• **Task directions**: Repeat all of the entries, please, keeping each line exact.
### Information provided
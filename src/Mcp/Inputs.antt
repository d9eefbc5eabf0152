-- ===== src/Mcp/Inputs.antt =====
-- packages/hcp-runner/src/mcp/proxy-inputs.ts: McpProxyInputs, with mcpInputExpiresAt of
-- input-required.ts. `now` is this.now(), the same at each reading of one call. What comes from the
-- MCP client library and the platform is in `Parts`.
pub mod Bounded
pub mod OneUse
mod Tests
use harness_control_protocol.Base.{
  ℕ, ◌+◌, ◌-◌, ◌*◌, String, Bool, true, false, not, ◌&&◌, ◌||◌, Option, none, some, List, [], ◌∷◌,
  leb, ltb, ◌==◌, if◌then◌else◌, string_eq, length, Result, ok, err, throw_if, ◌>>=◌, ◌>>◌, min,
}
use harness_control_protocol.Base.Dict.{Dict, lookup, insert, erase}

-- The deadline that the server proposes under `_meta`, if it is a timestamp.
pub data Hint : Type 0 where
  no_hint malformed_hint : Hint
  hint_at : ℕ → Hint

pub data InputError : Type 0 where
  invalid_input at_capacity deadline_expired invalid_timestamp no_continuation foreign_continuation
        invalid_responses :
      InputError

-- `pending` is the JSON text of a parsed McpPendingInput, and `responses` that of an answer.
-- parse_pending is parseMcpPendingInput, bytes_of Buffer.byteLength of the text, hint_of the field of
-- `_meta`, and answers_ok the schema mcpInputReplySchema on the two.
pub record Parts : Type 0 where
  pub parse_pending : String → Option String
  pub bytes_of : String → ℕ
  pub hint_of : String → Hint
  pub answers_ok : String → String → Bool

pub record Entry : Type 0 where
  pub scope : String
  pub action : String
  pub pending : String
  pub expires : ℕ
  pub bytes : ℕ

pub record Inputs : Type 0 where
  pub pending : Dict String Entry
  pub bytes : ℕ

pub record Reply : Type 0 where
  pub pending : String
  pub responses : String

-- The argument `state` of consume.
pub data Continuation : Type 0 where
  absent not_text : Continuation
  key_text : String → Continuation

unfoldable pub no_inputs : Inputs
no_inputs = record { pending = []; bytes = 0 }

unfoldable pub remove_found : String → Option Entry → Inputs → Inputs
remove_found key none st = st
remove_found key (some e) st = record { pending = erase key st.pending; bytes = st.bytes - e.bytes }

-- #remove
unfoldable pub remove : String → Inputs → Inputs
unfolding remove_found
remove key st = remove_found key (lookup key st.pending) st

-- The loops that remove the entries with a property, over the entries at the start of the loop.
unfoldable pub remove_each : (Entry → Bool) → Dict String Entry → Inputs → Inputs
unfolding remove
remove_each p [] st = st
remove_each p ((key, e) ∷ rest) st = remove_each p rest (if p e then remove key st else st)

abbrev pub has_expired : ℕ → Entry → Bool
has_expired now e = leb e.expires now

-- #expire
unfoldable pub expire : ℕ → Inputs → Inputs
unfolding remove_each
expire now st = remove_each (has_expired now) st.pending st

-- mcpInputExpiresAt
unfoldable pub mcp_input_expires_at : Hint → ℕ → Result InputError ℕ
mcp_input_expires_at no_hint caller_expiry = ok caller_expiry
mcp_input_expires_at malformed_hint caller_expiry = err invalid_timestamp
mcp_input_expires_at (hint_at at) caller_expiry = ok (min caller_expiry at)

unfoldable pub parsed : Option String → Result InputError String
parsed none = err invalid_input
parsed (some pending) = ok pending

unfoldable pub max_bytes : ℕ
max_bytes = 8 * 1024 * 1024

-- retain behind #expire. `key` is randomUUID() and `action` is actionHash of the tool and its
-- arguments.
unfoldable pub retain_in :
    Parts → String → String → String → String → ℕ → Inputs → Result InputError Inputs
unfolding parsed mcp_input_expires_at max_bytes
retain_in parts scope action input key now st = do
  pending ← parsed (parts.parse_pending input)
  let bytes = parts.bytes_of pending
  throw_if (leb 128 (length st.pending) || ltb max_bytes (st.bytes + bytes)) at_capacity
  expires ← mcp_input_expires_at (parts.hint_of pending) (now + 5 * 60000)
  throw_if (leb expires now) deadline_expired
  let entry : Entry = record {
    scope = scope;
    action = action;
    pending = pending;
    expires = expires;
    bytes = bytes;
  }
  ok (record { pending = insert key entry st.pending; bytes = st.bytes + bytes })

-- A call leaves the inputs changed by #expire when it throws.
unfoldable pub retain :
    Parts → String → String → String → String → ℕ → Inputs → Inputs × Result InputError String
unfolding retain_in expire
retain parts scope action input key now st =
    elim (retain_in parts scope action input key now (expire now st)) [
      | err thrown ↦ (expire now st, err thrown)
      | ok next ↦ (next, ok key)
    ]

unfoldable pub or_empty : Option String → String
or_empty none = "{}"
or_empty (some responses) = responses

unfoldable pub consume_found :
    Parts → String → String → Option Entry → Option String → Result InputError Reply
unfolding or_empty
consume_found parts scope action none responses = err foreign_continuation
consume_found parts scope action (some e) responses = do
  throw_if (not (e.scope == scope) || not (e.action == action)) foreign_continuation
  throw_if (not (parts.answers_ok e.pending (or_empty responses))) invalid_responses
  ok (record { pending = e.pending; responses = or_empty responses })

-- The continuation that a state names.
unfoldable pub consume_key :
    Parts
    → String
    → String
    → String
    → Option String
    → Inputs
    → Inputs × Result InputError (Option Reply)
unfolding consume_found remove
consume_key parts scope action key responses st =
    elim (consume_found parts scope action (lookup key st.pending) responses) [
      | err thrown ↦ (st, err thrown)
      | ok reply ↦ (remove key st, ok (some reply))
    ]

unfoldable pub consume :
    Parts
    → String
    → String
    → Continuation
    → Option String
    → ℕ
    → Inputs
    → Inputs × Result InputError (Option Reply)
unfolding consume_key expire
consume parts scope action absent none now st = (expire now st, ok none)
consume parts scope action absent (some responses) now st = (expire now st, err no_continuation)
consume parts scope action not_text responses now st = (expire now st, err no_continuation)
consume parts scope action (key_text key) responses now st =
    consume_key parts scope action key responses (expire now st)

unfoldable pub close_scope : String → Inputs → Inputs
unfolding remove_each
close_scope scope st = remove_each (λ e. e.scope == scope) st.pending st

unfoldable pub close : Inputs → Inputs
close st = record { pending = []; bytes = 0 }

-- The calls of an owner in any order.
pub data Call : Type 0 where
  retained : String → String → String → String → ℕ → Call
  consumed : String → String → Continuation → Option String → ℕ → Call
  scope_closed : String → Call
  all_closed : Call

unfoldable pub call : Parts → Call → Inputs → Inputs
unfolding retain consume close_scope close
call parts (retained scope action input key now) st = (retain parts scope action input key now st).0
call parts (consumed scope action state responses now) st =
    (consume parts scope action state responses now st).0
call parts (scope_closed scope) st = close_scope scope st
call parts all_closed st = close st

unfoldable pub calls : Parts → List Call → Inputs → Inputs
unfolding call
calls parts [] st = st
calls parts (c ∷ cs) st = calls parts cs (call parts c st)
######
• **Answer box**:
filename src/Mcp/Inputs.antt
repository d9eefbc5eabf0152
-- ===== src/Mcp/Inputs.antt =====
-- packages/hcp-runner/src/mcp/proxy-inputs.ts: McpProxyInputs, with mcpInputExpiresAt of
-- input-required.ts. `now` is this.now(), the same at each reading of one call. What comes from the
-- MCP client library and the platform is in `Parts`.
pub mod Bounded
pub mod OneUse
mod Tests
use harness_control_protocol.Base.{
  ℕ, ◌+◌, ◌-◌, ◌*◌, String, Bool, true, false, not, ◌&&◌, ◌||◌, Option, none, some, List, [], ◌∷◌,
  leb, ltb, ◌==◌, if◌then◌else◌, string_eq, length, Result, ok, err, throw_if, ◌>>=◌, ◌>>◌, min,
}
use harness_control_protocol.Base.Dict.{Dict, lookup, insert, erase}

-- The deadline that the server proposes under `_meta`, if it is a timestamp.
pub data Hint : Type 0 where
  no_hint malformed_hint : Hint
  hint_at : ℕ → Hint

pub data InputError : Type 0 where
  invalid_input at_capacity deadline_expired invalid_timestamp no_continuation foreign_continuation
        invalid_responses :
      InputError

-- `pending` is the JSON text of a parsed McpPendingInput, and `responses` that of an answer.
-- parse_pending is parseMcpPendingInput, bytes_of Buffer.byteLength of the text, hint_of the field of
-- `_meta`, and answers_ok the schema mcpInputReplySchema on the two.
pub record Parts : Type 0 where
  pub parse_pending : String → Option String
  pub bytes_of : String → ℕ
  pub hint_of : String → Hint
  pub answers_ok : String → String → Bool

pub record Entry : Type 0 where
  pub scope : String
  pub action : String
  pub pending : String
  pub expires : ℕ
  pub bytes : ℕ

pub record Inputs : Type 0 where
  pub pending : Dict String Entry
  pub bytes : ℕ

pub record Reply : Type 0 where
  pub pending : String
  pub responses : String

-- The argument `state` of consume.
pub data Continuation : Type 0 where
  absent not_text : Continuation
  key_text : String → Continuation

unfoldable pub no_inputs : Inputs
no_inputs = record { pending = []; bytes = 0 }

unfoldable pub remove_found : String → Option Entry → Inputs → Inputs
remove_found key none st = st
remove_found key (some e) st = record { pending = erase key st.pending; bytes = st.bytes - e.bytes }

-- #remove
unfoldable pub remove : String → Inputs → Inputs
unfolding remove_found
remove key st = remove_found key (lookup key st.pending) st

-- The loops that remove the entries with a property, over the entries at the start of the loop.
unfoldable pub remove_each : (Entry → Bool) → Dict String Entry → Inputs → Inputs
unfolding remove
remove_each p [] st = st
remove_each p ((key, e) ∷ rest) st = remove_each p rest (if p e then remove key st else st)

abbrev pub has_expired : ℕ → Entry → Bool
has_expired now e = leb e.expires now

-- #expire
unfoldable pub expire : ℕ → Inputs → Inputs
unfolding remove_each
expire now st = remove_each (has_expired now) st.pending st

-- mcpInputExpiresAt
unfoldable pub mcp_input_expires_at : Hint → ℕ → Result InputError ℕ
mcp_input_expires_at no_hint caller_expiry = ok caller_expiry
mcp_input_expires_at malformed_hint caller_expiry = err invalid_timestamp
mcp_input_expires_at (hint_at at) caller_expiry = ok (min caller_expiry at)

unfoldable pub parsed : Option String → Result InputError String
parsed none = err invalid_input
parsed (some pending) = ok pending

unfoldable pub max_bytes : ℕ
max_bytes = 8 * 1024 * 1024

-- retain behind #expire. `key` is randomUUID() and `action` is actionHash of the tool and its
-- arguments.
unfoldable pub retain_in :
    Parts → String → String → String → String → ℕ → Inputs → Result InputError Inputs
unfolding parsed mcp_input_expires_at max_bytes
retain_in parts scope action input key now st = do
  pending ← parsed (parts.parse_pending input)
  let bytes = parts.bytes_of pending
  throw_if (leb 128 (length st.pending) || ltb max_bytes (st.bytes + bytes)) at_capacity
  expires ← mcp_input_expires_at (parts.hint_of pending) (now + 5 * 60000)
  throw_if (leb expires now) deadline_expired
  let entry : Entry = record {
    scope = scope;
    action = action;
    pending = pending;
    expires = expires;
    bytes = bytes;
  }
  ok (record { pending = insert key entry st.pending; bytes = st.bytes + bytes })

-- A call leaves the inputs changed by #expire when it throws.
unfoldable pub retain :
    Parts → String → String → String → String → ℕ → Inputs → Inputs × Result InputError String
unfolding retain_in expire
retain parts scope action input key now st =
    elim (retain_in parts scope action input key now (expire now st)) [
      | err thrown ↦ (expire now st, err thrown)
      | ok next ↦ (next, ok key)
    ]

unfoldable pub or_empty : Option String → String
or_empty none = "{}"
or_empty (some responses) = responses

unfoldable pub consume_found :
    Parts → String → String → Option Entry → Option String → Result InputError Reply
unfolding or_empty
consume_found parts scope action none responses = err foreign_continuation
consume_found parts scope action (some e) responses = do
  throw_if (not (e.scope == scope) || not (e.action == action)) foreign_continuation
  throw_if (not (parts.answers_ok e.pending (or_empty responses))) invalid_responses
  ok (record { pending = e.pending; responses = or_empty responses })

-- The continuation that a state names.
unfoldable pub consume_key :
    Parts
    → String
    → String
    → String
    → Option String
    → Inputs
    → Inputs × Result InputError (Option Reply)
unfolding consume_found remove
consume_key parts scope action key responses st =
    elim (consume_found parts scope action (lookup key st.pending) responses) [
      | err thrown ↦ (st, err thrown)
      | ok reply ↦ (remove key st, ok (some reply))
    ]

unfoldable pub consume :
    Parts
    → String
    → String
    → Continuation
    → Option String
    → ℕ
    → Inputs
    → Inputs × Result InputError (Option Reply)
unfolding consume_key expire
consume parts scope action absent none now st = (expire now st, ok none)
consume parts scope action absent (some responses) now st = (expire now st, err no_continuation)
consume parts scope action not_text responses now st = (expire now st, err no_continuation)
consume parts scope action (key_text key) responses now st =
    consume_key parts scope action key responses (expire now st)

unfoldable pub close_scope : String → Inputs → Inputs
unfolding remove_each
close_scope scope st = remove_each (λ e. e.scope == scope) st.pending st

unfoldable pub close : Inputs → Inputs
close st = record { pending = []; bytes = 0 }

-- The calls of an owner in any order.
pub data Call : Type 0 where
  retained : String → String → String → String → ℕ → Call
  consumed : String → String → Continuation → Option String → ℕ → Call
  scope_closed : String → Call
  all_closed : Call

unfoldable pub call : Parts → Call → Inputs → Inputs
unfolding retain consume close_scope close
call parts (retained scope action input key now) st = (retain parts scope action input key now st).0
call parts (consumed scope action state responses now) st =
    (consume parts scope action state responses now st).0
call parts (scope_closed scope) st = close_scope scope st
call parts all_closed st = close st

unfoldable pub calls : Parts → List Call → Inputs → Inputs
unfolding call
calls parts [] st = st
calls parts (c ∷ cs) st = calls parts cs (call parts c st)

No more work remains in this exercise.